Problem to work on:
Every line in the data below from the one containing "rank_bound = f.rank_bound;" down to the one containing "Sha256⦄ ⦃ecdsa : Ecdsa⦄", both included, must be retyped exactly; no other line is to appear.

(Records contained in a dataset)

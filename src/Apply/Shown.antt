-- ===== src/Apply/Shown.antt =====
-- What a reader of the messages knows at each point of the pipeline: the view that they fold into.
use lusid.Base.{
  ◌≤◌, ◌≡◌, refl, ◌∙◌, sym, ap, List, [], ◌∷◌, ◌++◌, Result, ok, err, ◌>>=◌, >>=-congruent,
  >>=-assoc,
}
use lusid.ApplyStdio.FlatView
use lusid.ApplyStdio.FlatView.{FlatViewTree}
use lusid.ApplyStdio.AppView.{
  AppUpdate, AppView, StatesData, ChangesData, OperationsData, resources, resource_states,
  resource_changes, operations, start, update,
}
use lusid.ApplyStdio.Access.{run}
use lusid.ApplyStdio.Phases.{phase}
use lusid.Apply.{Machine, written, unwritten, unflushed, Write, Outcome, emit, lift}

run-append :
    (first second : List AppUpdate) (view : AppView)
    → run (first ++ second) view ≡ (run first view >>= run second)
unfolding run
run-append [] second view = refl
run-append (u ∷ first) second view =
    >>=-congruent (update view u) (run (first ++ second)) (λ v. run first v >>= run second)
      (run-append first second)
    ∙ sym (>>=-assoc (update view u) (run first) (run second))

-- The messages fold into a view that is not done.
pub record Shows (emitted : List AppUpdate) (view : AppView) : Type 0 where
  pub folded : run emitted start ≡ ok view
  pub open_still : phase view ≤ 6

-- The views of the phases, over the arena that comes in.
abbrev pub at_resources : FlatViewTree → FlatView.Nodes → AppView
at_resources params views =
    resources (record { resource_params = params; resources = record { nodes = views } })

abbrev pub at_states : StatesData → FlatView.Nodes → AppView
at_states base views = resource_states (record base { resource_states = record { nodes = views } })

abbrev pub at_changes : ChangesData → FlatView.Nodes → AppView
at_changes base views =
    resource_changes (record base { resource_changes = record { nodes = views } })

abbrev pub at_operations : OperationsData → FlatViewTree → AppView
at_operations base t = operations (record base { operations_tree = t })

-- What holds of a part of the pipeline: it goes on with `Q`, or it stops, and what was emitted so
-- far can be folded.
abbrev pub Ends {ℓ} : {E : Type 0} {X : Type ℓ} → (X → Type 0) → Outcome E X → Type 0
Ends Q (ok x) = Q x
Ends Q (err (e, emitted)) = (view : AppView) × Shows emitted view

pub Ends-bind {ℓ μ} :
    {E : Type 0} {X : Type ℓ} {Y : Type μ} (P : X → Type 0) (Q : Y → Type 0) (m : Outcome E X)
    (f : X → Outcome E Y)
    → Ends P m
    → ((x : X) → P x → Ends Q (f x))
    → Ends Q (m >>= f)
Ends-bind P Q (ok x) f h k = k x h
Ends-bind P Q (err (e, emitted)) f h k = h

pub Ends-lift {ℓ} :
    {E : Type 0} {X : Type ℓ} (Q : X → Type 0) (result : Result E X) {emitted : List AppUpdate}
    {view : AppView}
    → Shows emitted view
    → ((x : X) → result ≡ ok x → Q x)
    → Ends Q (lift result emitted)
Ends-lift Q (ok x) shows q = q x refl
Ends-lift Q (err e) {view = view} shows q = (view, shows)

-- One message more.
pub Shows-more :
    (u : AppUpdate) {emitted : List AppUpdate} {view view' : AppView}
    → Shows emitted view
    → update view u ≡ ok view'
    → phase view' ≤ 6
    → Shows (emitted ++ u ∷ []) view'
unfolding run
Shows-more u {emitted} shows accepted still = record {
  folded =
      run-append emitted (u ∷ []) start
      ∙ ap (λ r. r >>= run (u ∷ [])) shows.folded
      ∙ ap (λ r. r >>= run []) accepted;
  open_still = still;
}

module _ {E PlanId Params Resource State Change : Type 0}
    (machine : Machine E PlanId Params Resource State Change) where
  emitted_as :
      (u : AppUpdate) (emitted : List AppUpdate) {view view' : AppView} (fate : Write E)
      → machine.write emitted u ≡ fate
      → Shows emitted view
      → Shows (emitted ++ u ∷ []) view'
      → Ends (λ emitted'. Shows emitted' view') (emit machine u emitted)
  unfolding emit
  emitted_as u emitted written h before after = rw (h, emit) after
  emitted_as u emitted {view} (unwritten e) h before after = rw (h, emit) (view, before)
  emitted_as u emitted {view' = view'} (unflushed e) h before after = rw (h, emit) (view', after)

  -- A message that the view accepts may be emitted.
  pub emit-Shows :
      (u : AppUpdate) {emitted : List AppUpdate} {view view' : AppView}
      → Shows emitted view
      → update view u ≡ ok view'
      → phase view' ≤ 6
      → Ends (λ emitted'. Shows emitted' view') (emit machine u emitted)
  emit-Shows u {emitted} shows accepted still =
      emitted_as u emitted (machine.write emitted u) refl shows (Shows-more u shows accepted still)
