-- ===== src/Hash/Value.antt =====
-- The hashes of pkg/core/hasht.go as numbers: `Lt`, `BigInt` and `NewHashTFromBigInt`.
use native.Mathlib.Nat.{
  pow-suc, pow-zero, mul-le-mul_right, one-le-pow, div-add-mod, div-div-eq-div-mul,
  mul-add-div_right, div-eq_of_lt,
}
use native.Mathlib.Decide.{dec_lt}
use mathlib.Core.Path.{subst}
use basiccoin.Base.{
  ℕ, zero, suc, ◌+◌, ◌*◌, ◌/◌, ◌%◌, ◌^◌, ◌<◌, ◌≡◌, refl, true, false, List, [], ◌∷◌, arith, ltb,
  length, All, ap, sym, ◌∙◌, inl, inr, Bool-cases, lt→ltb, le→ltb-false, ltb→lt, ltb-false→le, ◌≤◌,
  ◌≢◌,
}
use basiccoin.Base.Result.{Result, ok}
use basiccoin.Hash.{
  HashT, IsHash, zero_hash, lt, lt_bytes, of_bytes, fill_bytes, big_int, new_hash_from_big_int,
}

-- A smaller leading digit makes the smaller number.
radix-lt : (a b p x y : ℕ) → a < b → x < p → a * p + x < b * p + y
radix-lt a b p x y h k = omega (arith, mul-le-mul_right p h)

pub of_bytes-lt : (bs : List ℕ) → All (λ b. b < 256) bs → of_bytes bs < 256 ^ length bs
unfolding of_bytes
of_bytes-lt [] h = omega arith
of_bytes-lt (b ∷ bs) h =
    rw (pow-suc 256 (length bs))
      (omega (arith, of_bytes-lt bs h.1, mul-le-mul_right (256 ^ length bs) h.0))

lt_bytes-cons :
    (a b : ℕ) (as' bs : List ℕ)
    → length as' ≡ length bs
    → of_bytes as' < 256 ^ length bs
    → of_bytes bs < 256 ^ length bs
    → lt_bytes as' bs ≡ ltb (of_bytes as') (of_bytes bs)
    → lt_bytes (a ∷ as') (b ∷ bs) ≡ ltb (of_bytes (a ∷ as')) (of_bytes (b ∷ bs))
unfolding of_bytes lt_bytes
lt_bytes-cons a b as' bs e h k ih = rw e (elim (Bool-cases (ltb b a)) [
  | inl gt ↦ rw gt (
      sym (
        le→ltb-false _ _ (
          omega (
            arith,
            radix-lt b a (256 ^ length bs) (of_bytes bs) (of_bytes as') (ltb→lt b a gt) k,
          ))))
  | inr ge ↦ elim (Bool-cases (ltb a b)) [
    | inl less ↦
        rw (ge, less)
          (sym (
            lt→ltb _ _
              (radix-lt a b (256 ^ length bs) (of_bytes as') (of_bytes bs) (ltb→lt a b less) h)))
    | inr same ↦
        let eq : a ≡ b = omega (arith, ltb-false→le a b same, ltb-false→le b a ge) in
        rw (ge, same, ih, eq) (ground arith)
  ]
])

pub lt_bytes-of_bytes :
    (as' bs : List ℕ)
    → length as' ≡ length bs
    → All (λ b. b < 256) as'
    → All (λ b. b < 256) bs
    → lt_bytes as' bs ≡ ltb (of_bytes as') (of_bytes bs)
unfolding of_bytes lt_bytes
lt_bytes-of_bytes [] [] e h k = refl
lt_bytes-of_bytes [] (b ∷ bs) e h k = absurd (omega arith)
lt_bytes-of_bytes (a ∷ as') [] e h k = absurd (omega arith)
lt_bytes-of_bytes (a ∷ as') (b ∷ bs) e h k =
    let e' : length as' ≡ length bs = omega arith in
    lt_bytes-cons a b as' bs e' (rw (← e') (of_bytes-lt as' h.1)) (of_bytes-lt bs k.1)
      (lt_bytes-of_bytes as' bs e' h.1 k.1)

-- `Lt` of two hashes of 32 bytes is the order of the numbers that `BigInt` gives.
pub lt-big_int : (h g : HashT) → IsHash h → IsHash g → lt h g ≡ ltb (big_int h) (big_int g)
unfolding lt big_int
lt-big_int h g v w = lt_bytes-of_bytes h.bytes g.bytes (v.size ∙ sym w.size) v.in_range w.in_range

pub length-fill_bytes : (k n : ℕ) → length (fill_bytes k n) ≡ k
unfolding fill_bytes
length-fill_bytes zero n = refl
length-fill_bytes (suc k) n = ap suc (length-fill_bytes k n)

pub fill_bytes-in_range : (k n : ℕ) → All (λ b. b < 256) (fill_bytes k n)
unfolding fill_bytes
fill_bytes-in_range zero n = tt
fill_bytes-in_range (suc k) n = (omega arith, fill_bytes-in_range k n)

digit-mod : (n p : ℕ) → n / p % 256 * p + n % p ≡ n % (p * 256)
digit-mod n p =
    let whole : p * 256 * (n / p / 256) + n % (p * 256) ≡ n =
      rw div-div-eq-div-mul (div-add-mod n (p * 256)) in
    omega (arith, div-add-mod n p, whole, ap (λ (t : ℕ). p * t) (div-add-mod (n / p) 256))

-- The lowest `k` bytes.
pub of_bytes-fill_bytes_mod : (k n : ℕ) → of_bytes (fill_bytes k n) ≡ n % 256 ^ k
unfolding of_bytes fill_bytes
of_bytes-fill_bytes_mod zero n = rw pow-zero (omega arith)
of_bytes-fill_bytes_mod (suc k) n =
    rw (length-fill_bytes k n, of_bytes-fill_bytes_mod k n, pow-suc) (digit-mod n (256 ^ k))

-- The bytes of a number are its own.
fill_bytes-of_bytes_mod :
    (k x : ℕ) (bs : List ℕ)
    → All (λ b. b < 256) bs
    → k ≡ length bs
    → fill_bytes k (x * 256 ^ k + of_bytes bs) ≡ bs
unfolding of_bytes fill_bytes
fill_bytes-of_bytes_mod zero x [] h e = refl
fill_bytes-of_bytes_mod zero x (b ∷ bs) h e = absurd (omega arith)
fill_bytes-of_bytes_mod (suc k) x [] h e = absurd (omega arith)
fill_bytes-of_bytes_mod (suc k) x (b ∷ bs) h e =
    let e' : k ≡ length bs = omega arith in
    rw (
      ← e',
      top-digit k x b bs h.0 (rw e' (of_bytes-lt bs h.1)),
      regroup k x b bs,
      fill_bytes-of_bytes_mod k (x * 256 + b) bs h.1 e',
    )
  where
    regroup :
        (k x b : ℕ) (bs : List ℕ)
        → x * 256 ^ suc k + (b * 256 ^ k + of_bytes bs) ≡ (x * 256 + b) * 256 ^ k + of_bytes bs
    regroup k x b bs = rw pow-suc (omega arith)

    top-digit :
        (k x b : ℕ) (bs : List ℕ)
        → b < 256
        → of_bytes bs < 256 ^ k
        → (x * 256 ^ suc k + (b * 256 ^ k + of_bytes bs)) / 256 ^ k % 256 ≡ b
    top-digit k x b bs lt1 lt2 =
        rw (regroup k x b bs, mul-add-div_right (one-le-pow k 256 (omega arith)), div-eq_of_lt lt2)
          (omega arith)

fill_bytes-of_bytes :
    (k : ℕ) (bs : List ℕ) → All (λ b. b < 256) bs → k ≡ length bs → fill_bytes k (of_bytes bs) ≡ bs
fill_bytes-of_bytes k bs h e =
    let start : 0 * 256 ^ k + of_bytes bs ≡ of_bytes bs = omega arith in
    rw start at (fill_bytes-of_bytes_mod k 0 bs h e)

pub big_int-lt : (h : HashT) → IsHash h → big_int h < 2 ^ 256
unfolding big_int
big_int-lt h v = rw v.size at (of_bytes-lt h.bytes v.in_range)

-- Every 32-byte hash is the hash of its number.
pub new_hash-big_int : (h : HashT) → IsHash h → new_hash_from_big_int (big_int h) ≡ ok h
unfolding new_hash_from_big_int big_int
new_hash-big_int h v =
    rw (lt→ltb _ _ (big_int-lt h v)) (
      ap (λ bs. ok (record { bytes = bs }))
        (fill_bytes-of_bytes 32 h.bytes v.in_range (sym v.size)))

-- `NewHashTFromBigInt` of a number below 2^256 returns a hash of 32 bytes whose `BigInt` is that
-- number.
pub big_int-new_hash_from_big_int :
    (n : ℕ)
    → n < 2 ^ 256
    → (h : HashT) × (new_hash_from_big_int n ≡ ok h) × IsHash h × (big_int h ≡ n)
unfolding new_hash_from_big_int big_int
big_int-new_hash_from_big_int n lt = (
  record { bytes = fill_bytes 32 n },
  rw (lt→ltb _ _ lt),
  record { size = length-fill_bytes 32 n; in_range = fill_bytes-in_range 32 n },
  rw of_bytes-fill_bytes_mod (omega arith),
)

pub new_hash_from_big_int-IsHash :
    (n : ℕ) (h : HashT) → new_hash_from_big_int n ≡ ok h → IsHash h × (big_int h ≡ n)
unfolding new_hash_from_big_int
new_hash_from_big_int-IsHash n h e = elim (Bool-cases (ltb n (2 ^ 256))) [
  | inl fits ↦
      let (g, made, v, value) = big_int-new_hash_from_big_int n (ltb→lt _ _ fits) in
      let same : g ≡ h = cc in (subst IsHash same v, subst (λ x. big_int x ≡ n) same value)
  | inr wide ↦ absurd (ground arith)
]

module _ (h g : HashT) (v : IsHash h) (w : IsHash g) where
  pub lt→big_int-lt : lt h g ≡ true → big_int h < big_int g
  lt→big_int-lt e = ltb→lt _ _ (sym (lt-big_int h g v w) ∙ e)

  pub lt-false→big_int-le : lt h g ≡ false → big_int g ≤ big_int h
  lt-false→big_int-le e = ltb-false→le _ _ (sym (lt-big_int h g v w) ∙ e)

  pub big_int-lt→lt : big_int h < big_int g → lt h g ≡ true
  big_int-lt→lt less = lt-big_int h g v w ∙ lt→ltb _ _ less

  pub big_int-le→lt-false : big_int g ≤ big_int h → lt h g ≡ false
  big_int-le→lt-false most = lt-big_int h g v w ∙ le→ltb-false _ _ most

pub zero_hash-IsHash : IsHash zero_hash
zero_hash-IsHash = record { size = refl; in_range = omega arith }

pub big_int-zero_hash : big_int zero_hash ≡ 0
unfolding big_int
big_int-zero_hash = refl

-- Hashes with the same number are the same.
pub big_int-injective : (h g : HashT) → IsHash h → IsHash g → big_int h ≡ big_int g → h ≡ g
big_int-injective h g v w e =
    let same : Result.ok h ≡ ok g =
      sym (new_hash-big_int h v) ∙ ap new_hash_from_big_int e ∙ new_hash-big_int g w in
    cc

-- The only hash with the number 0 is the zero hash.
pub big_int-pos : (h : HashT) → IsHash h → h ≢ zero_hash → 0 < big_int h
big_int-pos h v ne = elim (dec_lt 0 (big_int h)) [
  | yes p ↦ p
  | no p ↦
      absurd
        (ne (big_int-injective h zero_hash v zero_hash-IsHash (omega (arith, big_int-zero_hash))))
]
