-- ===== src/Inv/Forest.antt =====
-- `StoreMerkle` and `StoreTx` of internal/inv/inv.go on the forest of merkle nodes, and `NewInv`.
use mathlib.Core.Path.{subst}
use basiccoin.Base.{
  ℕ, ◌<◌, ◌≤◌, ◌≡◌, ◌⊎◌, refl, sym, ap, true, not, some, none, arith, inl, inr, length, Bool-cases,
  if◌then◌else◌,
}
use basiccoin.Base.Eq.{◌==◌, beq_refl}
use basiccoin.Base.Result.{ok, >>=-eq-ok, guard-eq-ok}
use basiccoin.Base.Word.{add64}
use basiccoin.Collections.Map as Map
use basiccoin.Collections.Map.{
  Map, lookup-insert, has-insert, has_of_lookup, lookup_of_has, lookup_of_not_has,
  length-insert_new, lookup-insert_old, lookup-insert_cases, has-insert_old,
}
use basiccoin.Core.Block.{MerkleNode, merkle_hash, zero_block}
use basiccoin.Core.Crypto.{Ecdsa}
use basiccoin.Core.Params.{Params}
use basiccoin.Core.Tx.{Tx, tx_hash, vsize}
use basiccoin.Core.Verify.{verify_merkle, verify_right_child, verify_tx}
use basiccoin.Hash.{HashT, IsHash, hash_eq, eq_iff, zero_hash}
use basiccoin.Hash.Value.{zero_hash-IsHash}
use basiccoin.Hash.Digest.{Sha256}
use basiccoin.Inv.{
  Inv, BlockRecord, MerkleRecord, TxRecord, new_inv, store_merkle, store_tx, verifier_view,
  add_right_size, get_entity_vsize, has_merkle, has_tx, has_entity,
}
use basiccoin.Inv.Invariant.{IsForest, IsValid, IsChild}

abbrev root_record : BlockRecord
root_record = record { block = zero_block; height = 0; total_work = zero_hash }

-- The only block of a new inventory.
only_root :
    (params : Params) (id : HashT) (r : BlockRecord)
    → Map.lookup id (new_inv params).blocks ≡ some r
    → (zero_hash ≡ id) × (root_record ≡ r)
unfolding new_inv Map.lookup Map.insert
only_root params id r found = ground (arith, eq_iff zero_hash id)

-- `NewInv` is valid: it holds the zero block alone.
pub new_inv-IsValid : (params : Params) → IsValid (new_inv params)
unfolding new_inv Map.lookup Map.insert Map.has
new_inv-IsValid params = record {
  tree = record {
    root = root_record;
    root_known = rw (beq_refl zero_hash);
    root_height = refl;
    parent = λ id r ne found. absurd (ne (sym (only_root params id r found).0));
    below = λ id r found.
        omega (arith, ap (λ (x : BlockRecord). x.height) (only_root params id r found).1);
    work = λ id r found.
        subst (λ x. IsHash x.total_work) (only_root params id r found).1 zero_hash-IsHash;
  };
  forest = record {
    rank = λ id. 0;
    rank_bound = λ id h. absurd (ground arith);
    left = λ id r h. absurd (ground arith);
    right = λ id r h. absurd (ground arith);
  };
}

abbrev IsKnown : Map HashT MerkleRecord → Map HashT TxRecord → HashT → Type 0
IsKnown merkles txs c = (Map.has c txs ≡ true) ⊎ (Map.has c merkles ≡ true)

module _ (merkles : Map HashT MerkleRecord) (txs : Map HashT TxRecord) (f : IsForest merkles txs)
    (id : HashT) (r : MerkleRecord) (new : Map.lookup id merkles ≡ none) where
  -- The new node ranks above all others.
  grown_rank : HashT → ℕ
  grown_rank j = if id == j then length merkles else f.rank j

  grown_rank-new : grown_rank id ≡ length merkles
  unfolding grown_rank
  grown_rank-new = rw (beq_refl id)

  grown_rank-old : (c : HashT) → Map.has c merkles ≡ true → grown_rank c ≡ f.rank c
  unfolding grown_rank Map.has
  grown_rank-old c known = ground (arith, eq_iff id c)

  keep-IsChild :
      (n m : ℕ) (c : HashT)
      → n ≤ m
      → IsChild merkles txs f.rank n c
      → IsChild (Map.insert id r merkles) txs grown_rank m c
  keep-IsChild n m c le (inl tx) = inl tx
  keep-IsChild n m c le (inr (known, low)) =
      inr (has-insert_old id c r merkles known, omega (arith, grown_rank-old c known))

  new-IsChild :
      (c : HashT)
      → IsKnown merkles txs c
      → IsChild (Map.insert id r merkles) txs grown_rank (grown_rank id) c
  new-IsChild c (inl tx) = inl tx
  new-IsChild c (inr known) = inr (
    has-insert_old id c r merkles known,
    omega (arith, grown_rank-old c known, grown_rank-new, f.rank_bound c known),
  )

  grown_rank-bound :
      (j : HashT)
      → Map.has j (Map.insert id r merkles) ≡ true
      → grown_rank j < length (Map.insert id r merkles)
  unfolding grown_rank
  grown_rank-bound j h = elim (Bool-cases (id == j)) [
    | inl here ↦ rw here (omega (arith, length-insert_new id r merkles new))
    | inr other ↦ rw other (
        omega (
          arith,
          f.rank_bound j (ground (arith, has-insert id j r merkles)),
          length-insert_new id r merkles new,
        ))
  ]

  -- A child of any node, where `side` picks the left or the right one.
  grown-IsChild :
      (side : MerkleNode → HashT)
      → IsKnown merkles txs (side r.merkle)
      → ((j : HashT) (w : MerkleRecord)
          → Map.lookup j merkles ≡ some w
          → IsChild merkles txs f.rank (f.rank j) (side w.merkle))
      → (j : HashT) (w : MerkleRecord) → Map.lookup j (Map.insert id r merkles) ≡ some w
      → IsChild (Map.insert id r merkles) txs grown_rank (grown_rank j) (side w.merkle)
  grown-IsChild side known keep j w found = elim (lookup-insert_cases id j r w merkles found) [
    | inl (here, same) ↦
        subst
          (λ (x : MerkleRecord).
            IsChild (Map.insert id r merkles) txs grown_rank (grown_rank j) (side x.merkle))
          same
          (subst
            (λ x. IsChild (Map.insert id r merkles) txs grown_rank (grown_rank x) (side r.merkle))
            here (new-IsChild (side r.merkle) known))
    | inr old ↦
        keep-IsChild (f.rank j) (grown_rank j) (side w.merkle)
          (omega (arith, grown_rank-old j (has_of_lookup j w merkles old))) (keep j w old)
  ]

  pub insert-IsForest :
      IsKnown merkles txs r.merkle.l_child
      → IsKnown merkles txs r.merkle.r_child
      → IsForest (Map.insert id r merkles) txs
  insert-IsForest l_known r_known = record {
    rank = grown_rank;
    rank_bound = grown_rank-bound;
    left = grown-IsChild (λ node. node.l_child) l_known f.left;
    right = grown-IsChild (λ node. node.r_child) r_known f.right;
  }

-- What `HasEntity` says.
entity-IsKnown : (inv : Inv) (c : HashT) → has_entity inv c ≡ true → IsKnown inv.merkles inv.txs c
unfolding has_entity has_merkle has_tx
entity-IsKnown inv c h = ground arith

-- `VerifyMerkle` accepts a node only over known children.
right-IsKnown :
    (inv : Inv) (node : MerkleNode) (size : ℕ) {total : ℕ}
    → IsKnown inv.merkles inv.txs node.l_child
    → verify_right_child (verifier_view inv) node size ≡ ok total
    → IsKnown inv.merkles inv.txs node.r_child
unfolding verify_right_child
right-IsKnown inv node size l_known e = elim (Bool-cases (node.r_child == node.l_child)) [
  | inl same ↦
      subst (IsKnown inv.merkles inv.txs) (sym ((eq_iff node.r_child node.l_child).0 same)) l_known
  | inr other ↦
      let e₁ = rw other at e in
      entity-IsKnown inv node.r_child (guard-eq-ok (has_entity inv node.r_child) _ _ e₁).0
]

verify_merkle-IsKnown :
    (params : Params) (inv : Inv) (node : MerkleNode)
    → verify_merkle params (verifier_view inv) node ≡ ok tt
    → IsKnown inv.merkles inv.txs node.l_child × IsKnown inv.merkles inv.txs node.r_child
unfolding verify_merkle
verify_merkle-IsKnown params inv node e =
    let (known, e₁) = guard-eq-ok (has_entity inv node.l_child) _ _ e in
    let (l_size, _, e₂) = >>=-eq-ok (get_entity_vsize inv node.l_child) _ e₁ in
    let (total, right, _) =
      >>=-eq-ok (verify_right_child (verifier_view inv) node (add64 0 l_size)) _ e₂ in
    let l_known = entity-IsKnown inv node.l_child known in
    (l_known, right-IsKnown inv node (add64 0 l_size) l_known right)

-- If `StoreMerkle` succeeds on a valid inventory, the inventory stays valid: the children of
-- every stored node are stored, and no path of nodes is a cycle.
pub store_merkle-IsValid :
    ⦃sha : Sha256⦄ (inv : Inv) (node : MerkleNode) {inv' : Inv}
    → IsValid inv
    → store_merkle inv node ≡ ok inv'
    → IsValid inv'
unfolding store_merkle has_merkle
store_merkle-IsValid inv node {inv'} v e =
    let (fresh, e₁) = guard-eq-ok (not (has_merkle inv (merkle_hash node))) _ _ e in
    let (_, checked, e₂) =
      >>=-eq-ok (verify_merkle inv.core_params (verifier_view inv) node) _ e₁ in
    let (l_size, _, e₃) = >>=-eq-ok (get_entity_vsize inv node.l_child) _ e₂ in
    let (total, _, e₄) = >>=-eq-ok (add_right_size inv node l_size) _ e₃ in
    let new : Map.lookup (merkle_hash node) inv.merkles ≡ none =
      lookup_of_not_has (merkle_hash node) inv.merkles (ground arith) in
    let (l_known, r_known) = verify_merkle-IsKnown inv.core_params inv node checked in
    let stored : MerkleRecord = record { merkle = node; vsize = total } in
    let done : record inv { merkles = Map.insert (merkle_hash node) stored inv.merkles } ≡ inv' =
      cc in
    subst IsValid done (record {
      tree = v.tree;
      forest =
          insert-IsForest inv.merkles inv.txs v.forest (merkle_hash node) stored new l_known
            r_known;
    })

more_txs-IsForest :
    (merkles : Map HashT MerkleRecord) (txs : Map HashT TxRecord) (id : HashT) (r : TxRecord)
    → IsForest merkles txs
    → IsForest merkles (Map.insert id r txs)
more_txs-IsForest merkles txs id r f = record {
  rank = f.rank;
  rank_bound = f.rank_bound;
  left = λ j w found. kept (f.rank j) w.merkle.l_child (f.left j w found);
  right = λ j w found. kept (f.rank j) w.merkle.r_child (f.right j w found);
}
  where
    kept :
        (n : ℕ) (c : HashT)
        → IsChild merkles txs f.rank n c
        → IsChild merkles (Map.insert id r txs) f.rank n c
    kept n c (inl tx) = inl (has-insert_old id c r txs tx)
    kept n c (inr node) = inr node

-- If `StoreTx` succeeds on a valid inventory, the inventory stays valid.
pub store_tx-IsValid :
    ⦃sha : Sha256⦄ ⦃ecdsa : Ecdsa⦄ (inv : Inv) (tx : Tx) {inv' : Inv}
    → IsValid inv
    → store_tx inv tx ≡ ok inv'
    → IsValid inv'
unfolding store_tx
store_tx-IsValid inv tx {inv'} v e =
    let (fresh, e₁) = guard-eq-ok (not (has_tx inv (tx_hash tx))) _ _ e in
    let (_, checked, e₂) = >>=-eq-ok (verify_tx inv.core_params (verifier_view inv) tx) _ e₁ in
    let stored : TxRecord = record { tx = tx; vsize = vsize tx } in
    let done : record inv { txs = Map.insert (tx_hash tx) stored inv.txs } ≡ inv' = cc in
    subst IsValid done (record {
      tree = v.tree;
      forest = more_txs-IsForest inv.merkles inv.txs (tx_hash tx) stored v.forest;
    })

Answer to the problem:
  rank_bound = f.rank_bound;
  left = λ j w found. kept (f.rank j) w.merkle.l_child (f.left j w found);
  right = λ j w found. kept (f.rank j) w.merkle.r_child (f.right j w found);
}
  where
    kept :
        (n : ℕ) (c : HashT)
        → IsChild merkles txs f.rank n c
        → IsChild merkles (Map.insert id r txs) f.rank n c
    kept n c (inl tx) = inl (has-insert_old id c r txs tx)
    kept n c (inr node) = inr node

-- If `StoreTx` succeeds on a valid inventory, the inventory stays valid.
pub store_tx-IsValid :
    ⦃sha : Sha256⦄ ⦃ecdsa : Ecdsa⦄ (inv : Inv) (tx : Tx) {inv' : Inv}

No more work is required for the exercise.